## HOW TO COMPLETE THIS TASK
Only one stretch of the data is wanted: the line containing "cancel-pow (length n * 64) (value (mont_mul", the line containing "(u * power) (value n)", and every line between them, copied exactly.

BEGIN ENTRIES SUPPLIED

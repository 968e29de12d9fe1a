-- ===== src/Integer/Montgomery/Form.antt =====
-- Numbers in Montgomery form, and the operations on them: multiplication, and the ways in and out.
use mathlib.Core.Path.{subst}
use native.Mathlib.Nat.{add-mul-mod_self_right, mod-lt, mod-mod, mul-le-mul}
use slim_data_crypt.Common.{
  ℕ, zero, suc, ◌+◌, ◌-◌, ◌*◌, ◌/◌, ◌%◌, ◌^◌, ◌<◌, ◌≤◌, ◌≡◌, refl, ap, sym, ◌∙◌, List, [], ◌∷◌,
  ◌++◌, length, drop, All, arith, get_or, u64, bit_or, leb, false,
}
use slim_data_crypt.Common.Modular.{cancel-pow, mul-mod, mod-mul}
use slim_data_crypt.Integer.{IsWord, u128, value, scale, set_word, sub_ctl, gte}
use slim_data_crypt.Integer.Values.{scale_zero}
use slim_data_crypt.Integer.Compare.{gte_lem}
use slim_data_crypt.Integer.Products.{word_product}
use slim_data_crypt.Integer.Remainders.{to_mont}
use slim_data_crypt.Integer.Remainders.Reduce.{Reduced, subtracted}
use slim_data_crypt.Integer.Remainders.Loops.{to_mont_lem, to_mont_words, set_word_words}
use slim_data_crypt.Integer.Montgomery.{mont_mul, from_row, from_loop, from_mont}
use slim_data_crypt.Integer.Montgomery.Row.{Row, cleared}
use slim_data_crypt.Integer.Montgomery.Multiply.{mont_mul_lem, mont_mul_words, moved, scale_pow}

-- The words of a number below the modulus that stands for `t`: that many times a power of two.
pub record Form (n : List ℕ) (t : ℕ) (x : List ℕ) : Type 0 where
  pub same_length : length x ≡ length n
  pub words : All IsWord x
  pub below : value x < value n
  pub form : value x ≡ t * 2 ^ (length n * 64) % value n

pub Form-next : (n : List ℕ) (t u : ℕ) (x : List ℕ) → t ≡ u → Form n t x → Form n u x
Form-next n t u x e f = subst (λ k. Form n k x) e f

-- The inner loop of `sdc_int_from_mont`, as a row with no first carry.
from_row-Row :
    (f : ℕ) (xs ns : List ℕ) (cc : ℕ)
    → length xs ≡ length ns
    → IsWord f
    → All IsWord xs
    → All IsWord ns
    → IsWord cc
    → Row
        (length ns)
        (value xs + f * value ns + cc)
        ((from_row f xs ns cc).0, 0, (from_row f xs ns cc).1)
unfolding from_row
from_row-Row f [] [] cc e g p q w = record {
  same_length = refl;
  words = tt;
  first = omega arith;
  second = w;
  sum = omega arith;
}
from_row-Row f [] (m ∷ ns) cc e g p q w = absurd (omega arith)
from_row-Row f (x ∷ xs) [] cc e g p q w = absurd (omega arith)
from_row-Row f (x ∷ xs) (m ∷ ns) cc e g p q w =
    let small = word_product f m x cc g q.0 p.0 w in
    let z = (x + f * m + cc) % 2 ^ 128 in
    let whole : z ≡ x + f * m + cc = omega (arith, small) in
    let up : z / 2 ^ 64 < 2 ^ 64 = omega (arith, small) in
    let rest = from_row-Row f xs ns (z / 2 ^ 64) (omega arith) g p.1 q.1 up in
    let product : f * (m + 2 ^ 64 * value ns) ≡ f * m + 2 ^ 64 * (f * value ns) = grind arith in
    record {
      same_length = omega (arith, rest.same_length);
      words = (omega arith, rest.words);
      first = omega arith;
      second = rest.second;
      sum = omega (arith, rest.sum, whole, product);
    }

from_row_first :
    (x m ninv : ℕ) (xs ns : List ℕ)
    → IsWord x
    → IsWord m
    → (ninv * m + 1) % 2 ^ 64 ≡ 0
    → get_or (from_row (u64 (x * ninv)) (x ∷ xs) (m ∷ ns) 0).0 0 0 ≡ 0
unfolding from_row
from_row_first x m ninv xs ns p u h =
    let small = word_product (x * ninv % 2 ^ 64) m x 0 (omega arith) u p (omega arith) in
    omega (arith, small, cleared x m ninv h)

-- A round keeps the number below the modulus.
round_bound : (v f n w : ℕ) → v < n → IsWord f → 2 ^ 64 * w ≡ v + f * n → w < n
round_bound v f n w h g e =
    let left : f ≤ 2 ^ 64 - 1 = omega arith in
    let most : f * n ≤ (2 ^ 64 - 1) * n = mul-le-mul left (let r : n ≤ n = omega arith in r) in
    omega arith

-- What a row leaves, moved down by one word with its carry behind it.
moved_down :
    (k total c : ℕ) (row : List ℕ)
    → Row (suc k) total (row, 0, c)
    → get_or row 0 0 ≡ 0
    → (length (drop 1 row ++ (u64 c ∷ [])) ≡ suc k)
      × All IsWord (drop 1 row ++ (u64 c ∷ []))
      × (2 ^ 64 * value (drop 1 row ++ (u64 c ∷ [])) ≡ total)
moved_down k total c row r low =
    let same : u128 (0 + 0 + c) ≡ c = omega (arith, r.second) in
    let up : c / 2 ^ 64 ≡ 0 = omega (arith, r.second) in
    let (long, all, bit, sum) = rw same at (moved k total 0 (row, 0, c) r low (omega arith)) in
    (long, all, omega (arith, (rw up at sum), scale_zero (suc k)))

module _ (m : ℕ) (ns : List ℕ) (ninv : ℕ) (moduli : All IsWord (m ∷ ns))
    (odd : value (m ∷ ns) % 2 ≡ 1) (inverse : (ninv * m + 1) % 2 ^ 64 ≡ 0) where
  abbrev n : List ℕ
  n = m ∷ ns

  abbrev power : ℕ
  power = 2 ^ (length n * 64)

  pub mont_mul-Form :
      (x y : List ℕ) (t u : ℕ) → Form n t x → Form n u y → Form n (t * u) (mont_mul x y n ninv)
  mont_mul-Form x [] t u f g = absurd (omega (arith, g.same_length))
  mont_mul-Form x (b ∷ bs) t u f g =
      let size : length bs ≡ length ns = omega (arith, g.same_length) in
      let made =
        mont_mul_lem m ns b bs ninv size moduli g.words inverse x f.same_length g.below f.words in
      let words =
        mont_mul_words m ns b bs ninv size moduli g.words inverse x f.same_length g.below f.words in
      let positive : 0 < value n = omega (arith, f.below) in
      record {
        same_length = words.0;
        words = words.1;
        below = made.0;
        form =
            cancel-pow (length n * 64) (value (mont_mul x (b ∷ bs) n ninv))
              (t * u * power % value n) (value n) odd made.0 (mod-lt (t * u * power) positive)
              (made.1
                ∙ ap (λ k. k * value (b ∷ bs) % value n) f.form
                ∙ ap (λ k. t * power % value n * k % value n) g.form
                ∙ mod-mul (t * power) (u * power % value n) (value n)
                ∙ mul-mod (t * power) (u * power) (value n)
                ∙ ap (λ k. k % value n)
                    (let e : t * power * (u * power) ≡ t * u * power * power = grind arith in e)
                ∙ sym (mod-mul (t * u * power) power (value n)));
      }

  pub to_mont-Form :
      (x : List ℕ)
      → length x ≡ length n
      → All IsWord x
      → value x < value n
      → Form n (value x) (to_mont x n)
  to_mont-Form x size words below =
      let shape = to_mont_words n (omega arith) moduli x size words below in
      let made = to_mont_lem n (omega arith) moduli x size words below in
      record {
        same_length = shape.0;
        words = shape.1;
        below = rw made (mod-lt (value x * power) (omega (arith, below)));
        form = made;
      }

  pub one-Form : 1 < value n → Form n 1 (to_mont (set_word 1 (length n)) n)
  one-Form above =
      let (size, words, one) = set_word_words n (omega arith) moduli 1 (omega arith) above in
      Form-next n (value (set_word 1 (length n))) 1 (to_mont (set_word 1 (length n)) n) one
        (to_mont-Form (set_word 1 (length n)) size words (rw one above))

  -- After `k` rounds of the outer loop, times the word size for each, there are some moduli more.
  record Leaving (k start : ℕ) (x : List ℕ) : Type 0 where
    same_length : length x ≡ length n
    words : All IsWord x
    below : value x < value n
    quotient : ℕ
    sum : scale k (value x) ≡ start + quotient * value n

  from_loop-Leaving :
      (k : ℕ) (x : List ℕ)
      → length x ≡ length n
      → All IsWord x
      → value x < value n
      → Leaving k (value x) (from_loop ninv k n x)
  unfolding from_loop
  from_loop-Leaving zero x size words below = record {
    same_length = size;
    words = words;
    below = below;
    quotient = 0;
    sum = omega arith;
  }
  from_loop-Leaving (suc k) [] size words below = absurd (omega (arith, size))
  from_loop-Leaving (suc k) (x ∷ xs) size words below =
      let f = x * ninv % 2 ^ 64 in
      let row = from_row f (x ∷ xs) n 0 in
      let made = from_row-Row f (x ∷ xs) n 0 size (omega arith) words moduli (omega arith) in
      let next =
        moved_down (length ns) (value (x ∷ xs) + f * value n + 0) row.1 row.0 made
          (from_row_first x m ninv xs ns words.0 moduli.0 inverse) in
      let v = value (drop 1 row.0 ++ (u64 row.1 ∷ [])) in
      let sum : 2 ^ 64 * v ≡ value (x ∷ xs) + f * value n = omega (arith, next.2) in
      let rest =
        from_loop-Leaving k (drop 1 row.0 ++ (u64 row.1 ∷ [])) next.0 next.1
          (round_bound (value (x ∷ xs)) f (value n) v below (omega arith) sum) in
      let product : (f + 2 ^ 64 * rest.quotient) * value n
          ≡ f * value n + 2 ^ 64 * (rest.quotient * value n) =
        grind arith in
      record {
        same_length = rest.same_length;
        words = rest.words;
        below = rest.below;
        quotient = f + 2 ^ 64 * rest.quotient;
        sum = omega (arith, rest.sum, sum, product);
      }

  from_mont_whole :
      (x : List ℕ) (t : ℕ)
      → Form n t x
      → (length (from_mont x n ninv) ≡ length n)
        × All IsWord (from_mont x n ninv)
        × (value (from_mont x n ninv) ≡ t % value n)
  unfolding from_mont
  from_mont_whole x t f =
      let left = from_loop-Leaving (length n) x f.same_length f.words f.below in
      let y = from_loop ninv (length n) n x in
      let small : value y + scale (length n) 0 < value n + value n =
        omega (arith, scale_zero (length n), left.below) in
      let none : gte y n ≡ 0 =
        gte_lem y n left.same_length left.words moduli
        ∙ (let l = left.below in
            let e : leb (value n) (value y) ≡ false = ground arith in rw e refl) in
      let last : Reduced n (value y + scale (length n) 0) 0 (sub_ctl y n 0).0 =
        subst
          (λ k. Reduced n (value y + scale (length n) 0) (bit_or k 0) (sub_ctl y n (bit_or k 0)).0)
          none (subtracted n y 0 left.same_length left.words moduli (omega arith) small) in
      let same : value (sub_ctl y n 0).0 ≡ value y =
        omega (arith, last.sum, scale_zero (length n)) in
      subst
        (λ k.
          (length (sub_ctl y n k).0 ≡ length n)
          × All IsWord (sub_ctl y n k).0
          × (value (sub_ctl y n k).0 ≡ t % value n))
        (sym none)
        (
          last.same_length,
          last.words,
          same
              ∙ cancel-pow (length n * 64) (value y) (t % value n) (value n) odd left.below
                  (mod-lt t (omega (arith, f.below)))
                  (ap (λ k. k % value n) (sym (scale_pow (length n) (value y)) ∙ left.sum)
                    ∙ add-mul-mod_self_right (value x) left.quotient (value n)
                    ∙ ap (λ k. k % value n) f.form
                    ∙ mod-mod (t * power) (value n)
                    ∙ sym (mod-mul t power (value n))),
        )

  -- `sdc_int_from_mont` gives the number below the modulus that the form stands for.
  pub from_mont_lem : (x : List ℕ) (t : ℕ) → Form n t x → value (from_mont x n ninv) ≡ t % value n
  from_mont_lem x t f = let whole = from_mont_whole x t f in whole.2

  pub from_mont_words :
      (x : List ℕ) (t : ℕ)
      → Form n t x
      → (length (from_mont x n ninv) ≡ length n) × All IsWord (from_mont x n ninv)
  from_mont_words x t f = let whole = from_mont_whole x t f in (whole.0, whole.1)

END ENTRIES SUPPLIED

## ANSWER SECTION
            cancel-pow (length n * 64) (value (mont_mul x (b ∷ bs) n ninv))
              (t * u * power % value n) (value n) odd made.0 (mod-lt (t * u * power) positive)
              (made.1
                ∙ ap (λ k. k * value (b ∷ bs) % value n) f.form
                ∙ ap (λ k. t * power % value n * k % value n) g.form
                ∙ mod-mul (t * power) (u * power % value n) (value n)
                ∙ mul-mod (t * power) (u * power) (value n)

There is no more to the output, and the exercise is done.